Percolation (downward movement of water through the soil) and lateral flow (horizontal subsurface water flow) are calculated together in a simultaneous equation because they influence each other.

An amount of rainfall or snowmelt (minus runoff) enters the top soil layer. Percolation through each soil layer depends on the amount of water entering the layer from above and the field capacity, porosity, and saturated conductivity of the soil layer. However, water never flows through a soil layer whose temperature is below freezing. Percolated water from each soil layer flows into the next layer, and water flowing out of the last layer is lost to the part of the soil we are simulating.

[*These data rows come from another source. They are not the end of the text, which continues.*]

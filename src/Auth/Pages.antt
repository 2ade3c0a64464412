-- ===== src/Auth/Pages.antt =====
-- The pages around the session: web/src/app/page.tsx, the submission of login-form.tsx and
-- sign-up-form.tsx, and use-logout.ts, all in web/src/modules/auth. `message` is what the error of a
-- failed action says.
pub mod Laws
use Prim.Native.String.{◌++◌}
use scylladb_grpc_microservi.Common.{
  String, Bool, Option, none, some, List, [], ◌∷◌, ◌++◌ as append,
}
use scylladb_grpc_microservi.Auth.Csrf.{RequestHeaders}
use scylladb_grpc_microservi.Auth.Actions.{
  AuthService, UserInfo, ActionState, ActionResult, returned, thrown, login_action, register_action,
  logout_action,
}

-- Where the start page redirects to, given the ids of the workspaces; `none` where the call throws.
unfoldable pub home : Option (List String) → Option String
home none = none
home (some []) = some "/workspace"
home (some (id ∷ ids)) = some ("/workspace/" ++ id)

pub record FormState : Type 0 where
  pub submit_error : Option String
  pub visited : List String

unfoldable pub submitted : (message : String) → ActionResult UserInfo → FormState → FormState
submitted message (returned u) f = record f {
  submit_error = none;
  visited = append f.visited ("/workspace" ∷ []);
}
submitted message thrown f = record f { submit_error = some message }

module _ (service : AuthService) (url_host : String → Option String) (is_production : Bool) where
  -- `onSubmit` of the login form.
  unfoldable pub submit_login :
      (message : String)
      → RequestHeaders
      → (email password : String) → ActionState
      → FormState
      → ActionState × FormState
  submit_login message h email password s f =
      let (s', r) = login_action service url_host is_production h email password s in
      (s', submitted message r f)

  -- `onSubmit` of the sign-up form.
  unfoldable pub submit_sign_up :
      (message : String)
      → RequestHeaders
      → (name email password : String) → ActionState
      → FormState
      → ActionState × FormState
  submit_sign_up message h name email password s f =
      let (s', r) = register_action service url_host is_production h name email password s in
      (s', submitted message r f)
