-- ===== src/Auth/Pages/Laws.antt =====
-- The submission of the login form (web/src/modules/auth/components/login-form.tsx).
use scylladb_grpc_microservi.Common.{
  String, Bool, true, Option, none, some, [], ◌∷◌, ◌++◌, ◌≡◌, ◌⊎◌, inl, inr, refl,
}
use scylladb_grpc_microservi.Auth.Csrf.{RequestHeaders, assert_same_origin_request}
use scylladb_grpc_microservi.Auth.Cookies.Laws.{HasTokens}
use scylladb_grpc_microservi.Auth.Actions.{
  AuthService, AuthResponse, UserInfo, ActionState, ActionResult, returned, thrown, login_action,
}
use scylladb_grpc_microservi.Auth.Actions.Laws.{login_action_lem}
use scylladb_grpc_microservi.Auth.Pages.{FormState, submitted, submit_login}

-- The form goes on to the workspaces.
abbrev pub GoesOn : FormState → FormState → Type 0
GoesOn f g = (g.visited ≡ f.visited ++ ("/workspace" ∷ [])) × (g.submit_error ≡ none)

-- The form stays and shows the message.
abbrev pub Stays : String → FormState → FormState → Type 0
Stays message f g = (g.visited ≡ f.visited) × (g.submit_error ≡ some message)

submitted-GoesOn :
    (message : String) (r : ActionResult UserInfo) (u : UserInfo) (f : FormState)
    → r ≡ returned u
    → GoesOn f (submitted message r f)
unfolding submitted
submitted-GoesOn message r u f e = rw e (refl, refl)

submitted-Stays :
    (message : String) (r : ActionResult UserInfo) (f : FormState)
    → r ≡ thrown
    → Stays message f (submitted message r f)
unfolding submitted
submitted-Stays message r f e = rw e (refl, refl)

module _ (service : AuthService) (url_host : String → Option String) (p : Bool) where
  -- A same-origin submission of the login form goes on to the workspaces with the tokens of the
  -- service's answer in the cookies, if the service accepts; if not, the cookies stay, and so does
  -- the form, with the message of the error.
  pub submit_login-outcome :
      (message : String) (h : RequestHeaders) (email password : String) (s : ActionState)
      (f : FormState)
      → assert_same_origin_request url_host h ≡ true
      → let (s', g) = submit_login service url_host p message h email password s f in
        ((r : AuthResponse) × (service.on_login email password ≡ some r)
          × HasTokens p r.access_token r.refresh_token s.jar s'.jar
          × GoesOn f g)
        ⊎ ((service.on_login email password ≡ none) × (s'.jar ≡ s.jar) × Stays message f g)
  unfolding submit_login
  submit_login-outcome message h email password s f same =
      let (calls, outcome) = login_action_lem service url_host p h email password s same in
      let result = (login_action service url_host p h email password s).1 in
      elim outcome [
        | inl (r, accepted, tokens, e) ↦
            inl (r, accepted, tokens, submitted-GoesOn message result r.user f e)
        | inr (refused, kept, e) ↦ inr (refused, kept, submitted-Stays message result f e)
      ]
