-- ===== src/Auth/Proxy/Race.antt =====
-- web/src/proxy.ts: two requests of one browser that both need a new access token. The auth service
-- has a state, since it gives out a new refresh token for each one that it takes.
use scylladb_grpc_microservi.Common.{
  String, Bool, Option, none, some, true, false, ◌≡◌, ◌≢◌, sym, ap, ◌∙◌,
}
use scylladb_grpc_microservi.Auth.Jwks.{JwksState}
use scylladb_grpc_microservi.Auth.Validate.{JwtPayload, valid}
use scylladb_grpc_microservi.Auth.Token.{is_access_token_expired_or_missing, default_skew}
use scylladb_grpc_microservi.Auth.Cookies.{CookieJar, apply_writes}
use scylladb_grpc_microservi.Auth.Cookies.Laws.{HasTokens, HasNoTokens}
use scylladb_grpc_microservi.Auth.Proxy.{TokenPair, ProxyContext, redirect_to_login, proxy}
use scylladb_grpc_microservi.Auth.Proxy.Laws.{
  session_token, validation, access_token, proxy-login, proxy-refresh, refused,
}

-- The auth service: its answer to a refresh token, and what it is afterwards. A refresh token that has
-- been taken is not taken again.
pub record Rotation : Type 1 where
  pub State : Type 0
  pub rotate : Option String → State → State × Option TokenPair
  pub once :
      (token : Option String) (v : State) (t : TokenPair)
      → (rotate token v).1 ≡ some t
      → (rotate token (rotate token v).0).1 ≡ none

-- The middleware while the service is in the state `v`.
abbrev pub served : ProxyContext → (r : Rotation) → r.State → ProxyContext
served c r v = record c { refresh_rpc = λ token. (r.rotate token v).1 }

login_not_none : (p : Bool) → (redirect_to_login p).redirect ≢ none
unfolding redirect_to_login
login_not_none p = cc

-- Two requests that carry the same accepted refresh token and a stale access token reach the service
-- one after the other. The first passes with new tokens, and the second goes to "/login". If the
-- browser gets the answers in that order, it ends outside production with neither auth cookie, and in
-- production, where it refuses the deletions, with the new tokens; in the other order it ends with the
-- new tokens.
pub parallel_refresh :
    (c : ProxyContext) (r : Rotation) (v : r.State) (request browser : CookieJar) (s s' : JwksState)
    (p p' : JwtPayload) (t : TokenPair)
    → validation c request s ≡ valid p
    → validation c request s' ≡ valid p'
    → is_access_token_expired_or_missing c.decode_payload
        (access_token c request s)
        default_skew
        c.later
      ≡ true
    → (r.rotate (session_token c request s) v).1 ≡ some t
    → let v' = (r.rotate (session_token c request s) v).0 in
      let first = (proxy (served c r v) request s).1 in
      let second = (proxy (served c r v') request s').1 in
      (first.redirect ≡ none)
      × (second.redirect ≡ some "/login")
      × (c.is_production ≡ false
          → HasNoTokens c.is_production
              (apply_writes first.cookies browser)
              (apply_writes second.cookies (apply_writes first.cookies browser)))
      × (c.is_production ≡ true
          → HasTokens c.is_production t.access_token t.refresh_token browser
              (apply_writes second.cookies (apply_writes first.cookies browser)))
      × HasTokens c.is_production t.access_token t.refresh_token
          (apply_writes second.cookies browser)
          (apply_writes first.cookies (apply_writes second.cookies browser))
parallel_refresh c r v request browser s s' p p' t ok ok' stale taken =
    let v' = (r.rotate (session_token c request s) v).0 in
    let c1 = served c r v in
    let c2 = served c r v' in
    let second = (proxy c2 request s').1 in
    let gone = refused c2 request s' p' ok' stale (r.once (session_token c request s) v t taken) in
    let away : second.redirect ≢ none =
      λ h. login_not_none c.is_production (ap (λ x. x.redirect) (sym gone) ∙ h) in
    let out =
      proxy-login c2 request s' (apply_writes (proxy c1 request s).1.cookies browser) away in
    (
      (proxy-refresh c1 request s browser p t ok stale taken).0,
      out.0,
      out.1.development,
      λ h. rw (out.1.production h) (proxy-refresh c1 request s browser p t ok stale taken).1,
      (proxy-refresh c1 request s (apply_writes second.cookies browser) p t ok stale taken).1,
    )
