-- ===== src/Auth/RaceTests.antt =====
-- web/src/proxy.ts: two requests at once on a concrete browser and a service that takes one token.
use scylladb_grpc_microservi.Common.{String, Bool, true, false, Option, none, some, ◌≡◌, refl}
use scylladb_grpc_microservi.Auth.Cookies.{
  apply_writes, auth_cookie, refresh_token_cookie_name, access_token_cookie_name,
}
use scylladb_grpc_microservi.Auth.Cookies.Laws.{HasTokens, HasNoTokens}
use scylladb_grpc_microservi.Auth.Token.{is_access_token_expired_or_missing}
use scylladb_grpc_microservi.Auth.Proxy.{TokenPair, NextResponse, proxy}
use scylladb_grpc_microservi.Auth.Proxy.Race.{Rotation, served, parallel_refresh}
use scylladb_grpc_microservi.Auth.SessionTests.{context, session, new_pair}
use scylladb_grpc_microservi.Auth.Tests

-- Whether the one token has been taken.
abbrev take : Option String → Bool → Bool × Option TokenPair
take token false = (true, some new_pair)
take token true = (true, none)

taken_once :
    (token : Option String) (v : Bool) (t : TokenPair)
    → (take token v).1 ≡ some t
    → (take token (take token v).0).1 ≡ none
taken_once token false t h = refl
taken_once token true t h = refl

abbrev service : Rotation
service = record { State = Bool; rotate = take; once = taken_once }

abbrev first : NextResponse
first = (proxy (served context service false) session Tests.cached_state).1

abbrev second : NextResponse
second = (proxy (served context service true) session Tests.cached_state).1

parallel_refresh_example :
    (first.redirect ≡ none)
    × (second.redirect ≡ some "/login")
    × (false ≡ false
        → HasNoTokens false
            (apply_writes first.cookies session)
            (apply_writes second.cookies (apply_writes first.cookies session)))
    × (false ≡ true
        → HasTokens false "a2" "r2" session
            (apply_writes second.cookies (apply_writes first.cookies session)))
    × HasTokens false "a2" "r2"
        (apply_writes second.cookies session)
        (apply_writes first.cookies (apply_writes second.cookies session))
unfolding Tests.program refresh_token_cookie_name access_token_cookie_name
    is_access_token_expired_or_missing auth_cookie
parallel_refresh_example =
    parallel_refresh context service false session session Tests.cached_state Tests.cached_state
      Tests.claims Tests.claims new_pair refl refl refl refl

When the calculation of percolation is finished, the simulation makes two checks. First, it checks that no soil layer has an amount of soil water above its porosity, because that would be impossible. If any soil layer has more water than it can hold the extra water is passed back up the soil profile until the top soil layer is reached. If the top soil layer has more water than it can hold, the extra water is assumed to be sitting pooled on top of the soil. Second, the simulation accounts for the wicking of excess water up into layers that are less saturated (since the soil layers are connected, after all). If any soil layer has more water than its field capacity (the amount it holds after draining) and the layer above it has less than its field capacity, some of the excess water wicks up into the upper layer.

Lateral flow depends on the porosity and field capacity of each soil layer and on the slope of the soil patch (higher slope means more lateral flow). Lateral flow moves out of the soil patch and is lost to the system. An adjustment to lateral flow is made for return flow (water flowing in from soil outside the soil patch) based on the time it takes water to flow out from the soil patch, to a hillside, and back again. If the soil patches in this simulation interacted in the way they would in a real garden, lateral flow from one soil patch would enter another soil patch (in the direction the water was flowing downhill). However, the soil patches are completely separate so far.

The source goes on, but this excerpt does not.